I have been studying primitive recursive functions for a while now using Kleene's "Introduction to Metamathematics". He says in his book that "We say that a function $\phi(x_1, ..., x_n)$ is the representing function of a predicate $P(x_1, ..., x_n)$ if $\phi$ takes only values $0$ and $1$, and is $0$ when predicate is true and $1$ when predicate is false."
I have trouble understanding this definition. We want the theory of primitive recursive functions to be finitary just as metamathematics because we will apply this theory of primitive recursive functions to prove Godel's theorem (according to Kleene).

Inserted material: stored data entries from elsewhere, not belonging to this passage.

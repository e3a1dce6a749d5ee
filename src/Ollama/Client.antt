-- ===== src/Ollama/Client.antt =====
-- `OllamaClient` of agentsec/llm.py: what it sends to the model server and what it makes of the answer.
pub mod Laws
use nighwatch.Common.{
  ℕ, String, ◌<>◌, Bool, true, false, ◌&&◌, ◌||◌, not, Option, none, some, List, [], ◌∷◌, ◌++◌, map,
  Result, ok, err, ◌>>=◌, ◌>>◌, raise_if, ◌==◌, contains, if◌then◌else◌,
}
use nighwatch.Python.Bytes.{Bytes, encode}
use nighwatch.Python.Int.{ℤ, pos, negsuc}
use nighwatch.Python.Json.{
  Json, null, bool, int, float, str, arr, obj, Items, nil, item, Fields, end, field, items, fields,
  hashable,
}
use nighwatch.Python.Runtime.{Runtime}
use nighwatch.Python.Str.{str_int}
use nighwatch.Models.FromDict.{get, str_of}
use nighwatch.Models.Engagement.{or_null}
use nighwatch.Ollama.Config.{OllamaConfig, OllamaError, failed, unavailable, uncaught, endpoint}

-- A call of `urlopen`.
pub record Call (R : Runtime) : Type 0 where
  pub method : String
  pub url : String
  pub headers : List (String × String)
  pub body : Option Bytes
  pub timeout_seconds : R.Float

-- What `urlopen` and the reading of the response do: the body, an `HTTPError` with the first 512
-- bytes of its body, another `OSError`, or an exception that `_request` does not catch, as
-- `IncompleteRead`.
pub data Reply : Type 0 where
  answered : Bytes → Reply
  http_error : ℕ → Bytes → Reply
  unreachable : Reply
  raised : String → Reply

pub record ToolDefinition (R : Runtime) : Type 0 where
  pub name : String
  pub description : String
  pub parameters : Fields R.Float

pub record OllamaToolCall (R : Runtime) : Type 0 where
  pub name : String
  pub arguments : Fields R.Float

pub record OllamaResponse (R : Runtime) : Type 0 where
  pub model : String
  pub content : String
  pub tool_calls : List (OllamaToolCall R)
  pub prompt_eval_count : Option (Json R.Float)
  pub eval_count : Option (Json R.Float)
  pub raw : Fields R.Float

-- The calls that were made, and how it ended.
pub record Ran (R : Runtime) (A : Type 0) : Type 0 where
  pub calls : List (Call R)
  pub result : Result OllamaError A

abbrev pub chat_roles : List String
chat_roles = "system" ∷ "user" ∷ "assistant" ∷ "tool" ∷ []

abbrev pub accept : String × String
accept = ("Accept", "application/json")

abbrev pub json_content : String × String
json_content = ("Content-Type", "application/json")

module _ (R : Runtime) where
  -- `repr(v)`
  abbrev pub repr_of : Json R.Float → String
  repr_of (str s) = R.repr s
  repr_of v = R.json_text v

  -- `ToolDefinition.to_dict`
  unfoldable pub tool_dict : ToolDefinition R → Json R.Float
  unfolding fields
  tool_dict t = obj (
      fields (
        ("type", str "function")
        ∷ (
          "function",
          obj (
              fields (
                ("name", str t.name)
                ∷ ("description", str t.description)
                ∷ ("parameters", obj t.parameters)
                ∷ [])),
        )
        ∷ []))

  -- The request of `_request`, without and with a payload.
  unfoldable pub call_of : OllamaConfig R → String → String → Option (Json R.Float) → Call R
  call_of c method path none = record {
    method = method;
    url = endpoint R c path;
    headers = accept ∷ [];
    body = none;
    timeout_seconds = c.timeout_seconds;
  }
  call_of c method path (some v) = record {
    method = method;
    url = endpoint R c path;
    headers = accept ∷ json_content ∷ [];
    body = some (
        encode
          (R.json_dumps (record { compact = true; sort_keys = false; ensure_ascii = true }) v));
    timeout_seconds = c.timeout_seconds;
  }

  abbrev pub json_object : Option (Json R.Float) → Result OllamaError (Fields R.Float)
  json_object none = err (failed "Ollama returned invalid JSON")
  json_object (some (obj fs)) = ok fs
  json_object (some v) = err (failed "Ollama returned a non-object JSON response")

  -- What `_request` makes of the reply.
  unfoldable pub read_reply : OllamaConfig R → Reply → Result OllamaError (Fields R.Float)
  read_reply c unreachable = err (
      unavailable
        ("cannot reach Ollama at " <> c.base_url <> "; start Ollama or verify the local endpoint"))
  read_reply c (raised message) = err (uncaught message)
  read_reply c (http_error status body) =
      err (failed ("Ollama returned HTTP " <> str_int status <> ": " <> R.decode_utf8 body))
  read_reply c (answered body) = elim (R.strict_utf8 body) [
    | none ↦ err (failed "Ollama returned invalid JSON")
    | some text ↦ json_object (R.json_loads text)
  ]

  -- The names of a list of models.
  unfoldable pub model_names : Items R.Float → List String
  model_names nil = []
  model_names (item (obj fs) vs) =
      let rest = model_names vs in elim (get fs "name") [ some (str s) ↦ s ∷ rest | v ↦ rest ]
  model_names (item v vs) = model_names vs

  abbrev models_of : Option (Json R.Float) → Result OllamaError (List String)
  models_of none = ok []
  models_of (some (arr vs)) = ok (model_names vs)
  models_of (some v) = err (failed "Ollama /api/tags returned an invalid models list")

  -- `OllamaClient.list_models`
  unfoldable pub list_models : OllamaConfig R → (Call R → Reply) → Ran R (List String)
  list_models c urlopen =
      let call = call_of c "GET" "tags" none in
      record {
        calls = call ∷ [];
        result = read_reply c (urlopen call) >>= λ fs. models_of (get fs "models");
      }

  -- `role not in {…}`, which raises `TypeError` for a role that has no hash.
  unfoldable pub check_role : Option (Json R.Float) → Result OllamaError (Unit {0})
  check_role (some (str s)) =
      raise_if (not (contains chat_roles s)) (failed ("unsupported chat role: " <> R.repr s))
  check_role v =
      if hashable (or_null v)
      then err (failed ("unsupported chat role: " <> repr_of (or_null v)))
      else err (uncaught "TypeError")

  abbrev check_content : Option (Json R.Float) → Result OllamaError (Unit {0})
  check_content (some (str s)) = ok tt
  check_content v = err (failed "chat message content must be a string")

  -- The messages that are passed on.
  unfoldable pub validate_messages : Items R.Float → Result OllamaError (List (Json R.Float))
  unfolding check_role
  validate_messages nil = ok []
  validate_messages (item (obj fs) vs) = do
    check_role (get fs "role")
    check_content (get fs "content")
    rest ← validate_messages vs
    ok (obj fs ∷ rest)
  validate_messages (item v vs) = err (failed "each chat message must be an object")

  abbrev tools_field : List (ToolDefinition R) → List (String × Json R.Float)
  tools_field [] = []
  tools_field (t ∷ ts) = ("tools", arr (items (map tool_dict (t ∷ ts)))) ∷ []

  -- The field `format`, if there is a schema.
  unfoldable pub format_field :
      Option (Json R.Float) → Result OllamaError (List (String × Json R.Float))
  format_field none = ok []
  format_field (some (obj fs)) = elim (get fs "type") [
    | some (str s) ↦
        if s == "object"
        then ok (("format", obj fs) ∷ [])
        else err (failed "response_schema must be a JSON object schema")
    | v ↦ err (failed "response_schema must be a JSON object schema")
  ]
  format_field (some v) = err (failed "response_schema must be a JSON object schema")

  -- The payload of `chat`.
  unfoldable pub chat_payload :
      OllamaConfig R
      → Items R.Float
      → List (ToolDefinition R)
      → Option (Json R.Float)
      → Result OllamaError (Json R.Float)
  unfolding tool_dict
  chat_payload c messages tools schema = do
    validated ← validate_messages messages
    format ← format_field schema
    ok (
        obj (
          fields (
            ("model", str c.model)
            ∷ ("messages", arr (items validated))
            ∷ ("stream", bool false)
            ∷ (
              "options",
              obj (
                  fields (
                    ("temperature", float c.temperature) ∷ ("num_predict", int c.max_tokens) ∷ [])),
            )
            ∷ (tools_field tools ++ format))))

  -- `raw_call["function"]` and the name and arguments in it
  unfoldable pub tool_call : Json R.Float → Result OllamaError (OllamaToolCall R)
  tool_call (obj raw_call) = elim (get raw_call "function") [
    | some (obj function) ↦ elim (get function "name") [
      | none ↦ err (failed "Ollama returned a malformed tool call")
      | some (str name) ↦ elim (get function "arguments") [
        | none ↦ ok (record { name = name; arguments = end })
        | some (obj arguments) ↦ ok (record { name = name; arguments = arguments })
        | v ↦ err (failed "Ollama tool call must contain a name and object arguments")
      ]
      | v ↦ err (failed "Ollama tool call must contain a name and object arguments")
    ]
    | v ↦ err (failed "Ollama returned a malformed tool call")
  ]
  tool_call v = err (failed "Ollama returned a malformed tool call")

  unfoldable pub tool_calls_of : Items R.Float → Result OllamaError (List (OllamaToolCall R))
  tool_calls_of nil = ok []
  tool_calls_of (item v vs) = do call ← tool_call v; calls ← tool_calls_of vs; ok (call ∷ calls)

  abbrev calls_in : Option (Json R.Float) → Result OllamaError (List (OllamaToolCall R))
  calls_in none = ok []
  calls_in (some null) = ok []
  calls_in (some (arr vs)) = tool_calls_of vs
  calls_in (some v) = err (failed "Ollama tool_calls was not a list")

  abbrev message_of : Option (Json R.Float) → Result OllamaError (Fields R.Float)
  message_of (some (obj fs)) = ok fs
  message_of v = err (failed "Ollama chat response did not contain a message")

  abbrev content_of : Option (Json R.Float) → Result OllamaError String
  content_of none = ok ""
  content_of (some (str s)) = ok s
  content_of (some v) = err (failed "Ollama chat message content was not a string")

  -- `_optional_int`; a Boolean is an `int`.
  unfoldable pub optional_int : Option (Json R.Float) → Option (Json R.Float)
  optional_int (some (int n)) = some (int n)
  optional_int (some (bool b)) = some (bool b)
  optional_int v = none

  abbrev model_of : OllamaConfig R → Option (Json R.Float) → String
  model_of c none = c.model
  model_of c (some v) = str_of R v

  -- The response that the answer of the server makes.
  unfoldable pub response_of :
      OllamaConfig R → Fields R.Float → Result OllamaError (OllamaResponse R)
  unfolding optional_int
  response_of c result = do
    message ← message_of (get result "message")
    content ← content_of (get message "content")
    calls ← calls_in (get message "tool_calls")
    ok (record {
      model = model_of c (get result "model");
      content = content;
      tool_calls = calls;
      prompt_eval_count = optional_int (get result "prompt_eval_count");
      eval_count = optional_int (get result "eval_count");
      raw = result;
    })

  -- The exchange of `chat`, for its payload.
  unfoldable pub send_chat :
      OllamaConfig R → (Call R → Reply) → Json R.Float → Ran R (OllamaResponse R)
  send_chat c urlopen payload =
      let call = call_of c "POST" "chat" (some payload) in
      record { calls = call ∷ []; result = read_reply c (urlopen call) >>= response_of c }

  -- `OllamaClient.chat`
  unfoldable pub chat :
      OllamaConfig R
      → (Call R → Reply)
      → Items R.Float
      → List (ToolDefinition R)
      → Option (Json R.Float)
      → Ran R (OllamaResponse R)
  chat c urlopen messages tools schema = elim (chat_payload c messages tools schema) [
    | err e ↦ record { calls = []; result = err e }
    | ok payload ↦ send_chat c urlopen payload
  ]
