-- ===== src/Ollama/Client/Laws.antt =====
-- What a chat sends, and what its response rests on.
use nighwatch.Common.{
  String, Option, some, List, [], ◌∷◌, ◌≡◌, ◌⊎◌, refl, arith, Memᴰ, ok, err, bind_ok, contains_iff,
  subst, sym, Result-cases, inl, inr, All,
}
use nighwatch.Python.Json.{Json, str, obj, Items, nil, item, Fields}
use nighwatch.Python.Runtime.{Runtime}
use nighwatch.Models.FromDict.{get}
use nighwatch.Ollama.Config.{OllamaConfig}
use nighwatch.Ollama.Client.{
  Call, Reply, Ran, ToolDefinition, OllamaResponse, chat_roles, call_of, read_reply, check_role,
  check_content, validate_messages, chat_payload, response_of, message_of, content_of, calls_in,
  chat, send_chat,
}

module _ (R : Runtime) where
  -- Every message is an object with a role that is known and a text.
  abbrev pub IsMessages : Items R.Float → Type 0
  IsMessages nil = Unit
  IsMessages (item (obj fs) vs) =
      ((role : String) × (get fs "role" ≡ some (str role)) × Memᴰ role chat_roles)
      × ((content : String) × (get fs "content" ≡ some (str content)))
      × IsMessages vs
  IsMessages (item v vs) = ⊥

  check_role-Mem :
      (v : Option (Json R.Float))
      → check_role R v ≡ ok tt
      → (role : String) × (v ≡ some (str role)) × Memᴰ role chat_roles
  unfolding check_role
  check_role-Mem (some (str s)) e = (s, refl, (contains_iff chat_roles s).0 (ground (arith, e)))
  check_role-Mem v e = ground (arith, e)

  check_content_text :
      (v : Option (Json R.Float))
      → check_content R v ≡ ok tt
      → (content : String) × (v ≡ some (str content))
  check_content_text (some (str s)) e = (s, refl)
  check_content_text v e = ground (arith, e)

  validate_messages-IsMessages :
      (vs : Items R.Float) (passed : List (Json R.Float))
      → validate_messages R vs ≡ ok passed
      → IsMessages vs
  unfolding validate_messages
  validate_messages-IsMessages nil passed e = tt
  validate_messages-IsMessages (item (obj fs) vs) passed e =
      let (u, p1, e1) = bind_ok (check_role R (get fs "role")) _ passed e in
      let (w, p2, e2) = bind_ok (check_content R (get fs "content")) _ passed e1 in
      let (rest, p3, e3) = bind_ok (validate_messages R vs) _ passed e2 in
      (
        check_role-Mem (get fs "role") p1,
        check_content_text (get fs "content") p2,
        validate_messages-IsMessages vs rest p3,
      )
  validate_messages-IsMessages (item v vs) passed e = ground (arith, e)

  chat_payload-IsMessages :
      (c : OllamaConfig R) (messages : Items R.Float) (tools : List (ToolDefinition R))
      (schema : Option (Json R.Float)) (payload : Json R.Float)
      → chat_payload R c messages tools schema ≡ ok payload
      → IsMessages messages
  unfolding chat_payload
  chat_payload-IsMessages c messages tools schema payload e =
      let (passed, p, e1) = bind_ok (validate_messages R messages) _ payload e in
      validate_messages-IsMessages messages passed p

  response_of_raw :
      (c : OllamaConfig R) (fs : Fields R.Float) (r : OllamaResponse R)
      → response_of R c fs ≡ ok r
      → r.raw ≡ fs
  unfolding response_of
  response_of_raw c fs r e =
      let (message, p1, e1) = bind_ok (message_of R (get fs "message")) _ r e in
      let (content, p2, e2) = bind_ok (content_of R (get message "content")) _ r e1 in
      let (calls, p3, e3) = bind_ok (calls_in R (get message "tool_calls")) _ r e2 in
      ground (arith, e3)

  -- What a chat may send: nothing, or its payload once, to the endpoint of the configuration.
  abbrev pub SendsChat :
      OllamaConfig R
      → Items R.Float
      → List (ToolDefinition R)
      → Option (Json R.Float)
      → List (Call R)
      → Type 0
  SendsChat c messages tools schema calls =
      (payload : Json R.Float) × (chat_payload R c messages tools schema ≡ ok payload)
      × (calls ≡ call_of R c "POST" "chat" (some payload) ∷ [])
      × IsMessages messages

  -- What the calls and the response of a chat may be.
  abbrev pub IsChat :
      OllamaConfig R
      → (Call R → Reply)
      → Items R.Float
      → List (ToolDefinition R)
      → Option (Json R.Float)
      → Ran R (OllamaResponse R)
      → Type 0
  IsChat c urlopen messages tools schema ran =
      ((ran.calls ≡ []) ⊎ SendsChat c messages tools schema ran.calls)
      × ((r : OllamaResponse R)
          → ran.result ≡ ok r
          → SendsChat c messages tools schema ran.calls
            × All (λ call. read_reply R c (urlopen call) ≡ ok r.raw) ran.calls
            × (response_of R c r.raw ≡ ok r))

  send_chat-IsChat :
      (c : OllamaConfig R) (urlopen : Call R → Reply) (messages : Items R.Float)
      (tools : List (ToolDefinition R)) (schema : Option (Json R.Float)) (payload : Json R.Float)
      → chat_payload R c messages tools schema ≡ ok payload
      → IsChat c urlopen messages tools schema (send_chat R c urlopen payload)
  unfolding send_chat
  send_chat-IsChat c urlopen messages tools schema payload p =
      let call : Call R = call_of R c "POST" "chat" (some payload) in
      let sent : SendsChat c messages tools schema (call ∷ []) =
        (payload, p, refl, chat_payload-IsMessages c messages tools schema payload p) in
      (
        inr sent,
        λ r e.
            let (fs, p1, e1) = bind_ok (read_reply R c (urlopen call)) (response_of R c) r e in
            let same : r.raw ≡ fs = response_of_raw c fs r e1 in
            (sent, (rw same p1, tt), subst (λ raw. response_of R c raw ≡ ok r) (sym same) e1),
      )

  chat-IsChat :
      (c : OllamaConfig R) (urlopen : Call R → Reply) (messages : Items R.Float)
      (tools : List (ToolDefinition R)) (schema : Option (Json R.Float))
      → IsChat c urlopen messages tools schema (chat R c urlopen messages tools schema)
  chat-IsChat c urlopen messages tools schema =
      elim (Result-cases (chat_payload R c messages tools schema)) [
        | inr (x, p) ↦
            let made : Ran R (OllamaResponse R) = record { calls = []; result = err x } in
            let same : chat R c urlopen messages tools schema ≡ made =
              unfold chat in ground (arith, p) in
            rw same (inl refl, λ r e. ground (arith, e))
        | inl (payload, p) ↦
            let same : chat R c urlopen messages tools schema ≡ send_chat R c urlopen payload =
              unfold chat in ground (arith, p) in
            rw same (send_chat-IsChat c urlopen messages tools schema payload p)
      ]

  -- A response comes from the answer to the one call that was made, for messages that were checked.
  pub chat-response_of :
      (c : OllamaConfig R) (urlopen : Call R → Reply) (messages : Items R.Float)
      (tools : List (ToolDefinition R)) (schema : Option (Json R.Float)) (r : OllamaResponse R)
      → (chat R c urlopen messages tools schema).result ≡ ok r
      → SendsChat c messages tools schema (chat R c urlopen messages tools schema).calls
        × All
            (λ call. read_reply R c (urlopen call) ≡ ok r.raw)
            (chat R c urlopen messages tools schema).calls
        × (response_of R c r.raw ≡ ok r)
  chat-response_of c urlopen messages tools schema r e =
      (chat-IsChat c urlopen messages tools schema).1 r e

  -- A chat makes no call, or one call with its payload, for messages that were checked.
  pub chat_calls :
      (c : OllamaConfig R) (urlopen : Call R → Reply) (messages : Items R.Float)
      (tools : List (ToolDefinition R)) (schema : Option (Json R.Float))
      → ((chat R c urlopen messages tools schema).calls ≡ [])
        ⊎ SendsChat c messages tools schema (chat R c urlopen messages tools schema).calls
  chat_calls c urlopen messages tools schema = (chat-IsChat c urlopen messages tools schema).0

I have trouble understanding what does finitary means here and how it is the case that this definition is finitary. So, if I understand correctly, then predicate is some rule which for each of its variables gives values true or false depending on to each variable being a specific natural number. Now, if I want to show that predicate has representing function then for all possible values I should check whether when $P$ evaluates to true $\phi$ evaluates to $0$, and when $P$ evalutes to false, $\phi$ evaluates to $1$. But because the domain is not finite, that would require me infinite steps. Isn't that a deviation from the plan of this theory being finitary?
I would appreciate your help and suggestions. Probably I am not quite understanding the whole goal of primitive recursive functions and I am being confused by definitions.